===== Given data =====

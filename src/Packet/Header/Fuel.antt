-- ===== src/Packet/Header/Fuel.antt =====
-- The loop over supported versions of `pull_quic_header` (src/aioquic/quic/packet.py) ends where
-- the packet ends.
use aioquic.Base.{
  ℕ, zero, suc, ◌-◌, ◌≤◌, ◌≡◌, ap, arith, true, List, ◌∷◌, length, inl, inr, Bool-cases,
}
use mathlib.Core.Path.{subst}
use aioquic.Base.Exception.{ok, ◌>>=◌}
use aioquic.Buffer.{Buffer, eof, pull_uint32}
use aioquic.Buffer.Moves.{bind-inv, pull_uint32-Moves}
use aioquic.Packet.Header.{pull_versions}

-- With a round for each byte that is left, the loop over supported versions returns only at the end
-- of the buffer: the rounds do not run out before.
pub pull_versions_lem :
    (fuel : ℕ) (b b' : Buffer) (versions : List ℕ)
    → b.pos ≤ length b.memory
    → length b.memory - b.pos ≤ fuel
    → pull_versions fuel b ≡ ok (versions, b')
    → eof b' ≡ true
unfolding pull_versions
pull_versions_lem zero b b' vs i f h =
    let same : b ≡ b' = ground (arith, h) in subst (λ t. eof t ≡ true) same (ground arith)
pull_versions_lem (suc n) b b' vs i f h = elim (Bool-cases (eof b)) [
  | inl e ↦ let same : b ≡ b' = ground arith in subst (λ t. eof t ≡ true) same e
  | inr e ↦
      let more : ◌>>=◌ {B = List ℕ × Buffer} (pull_uint32 b) (λ (v, b1).
        ◌>>=◌ {B = List ℕ × Buffer} (pull_versions n b1) (λ (vs, b2). ok (v ∷ vs, b2)))
          ≡ ok (vs, b') =
        ground arith in
      let ((v, b1), e1, h1) = bind-inv (pull_uint32 b) _ (vs, b') more in
      let ((ws, b2), e2, h2) = bind-inv (pull_versions n b1) _ (vs, b') h1 in
      let m = pull_uint32-Moves b b1 v e1 in
      let same : b2 ≡ b' = ground (arith, h2) in
      let long = ap length m.memory in
      subst (λ t. eof t ≡ true) same
        (pull_versions_lem n b1 b2 ws (omega (arith, m.within, long))
          (omega (arith, m.forward, long, f)) e2)
]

=====

§ Try it:
Only the lines from the one containing "true) same e" through the last line of the records should appear, each written out exactly.

§ Written response:
  | inl e ↦ let same : b ≡ b' = ground arith in subst (λ t. eof t ≡ true) same e
  | inr e ↦
      let more : ◌>>=◌ {B = List ℕ × Buffer} (pull_uint32 b) (λ (v, b1).
        ◌>>=◌ {B = List ℕ × Buffer} (pull_versions n b1) (λ (vs, b2). ok (v ∷ vs, b2)))
          ≡ ok (vs, b') =
        ground arith in
      let ((v, b1), e1, h1) = bind-inv (pull_uint32 b) _ (vs, b') more in
      let ((ws, b2), e2, h2) = bind-inv (pull_versions n b1) _ (vs, b') h1 in
      let m = pull_uint32-Moves b b1 v e1 in
      let same : b2 ≡ b' = ground (arith, h2) in
      let long = ap length m.memory in
      subst (λ t. eof t ≡ true) same
        (pull_versions_lem n b1 b2 ws (omega (arith, m.within, long))
          (omega (arith, m.forward, long, f)) e2)
]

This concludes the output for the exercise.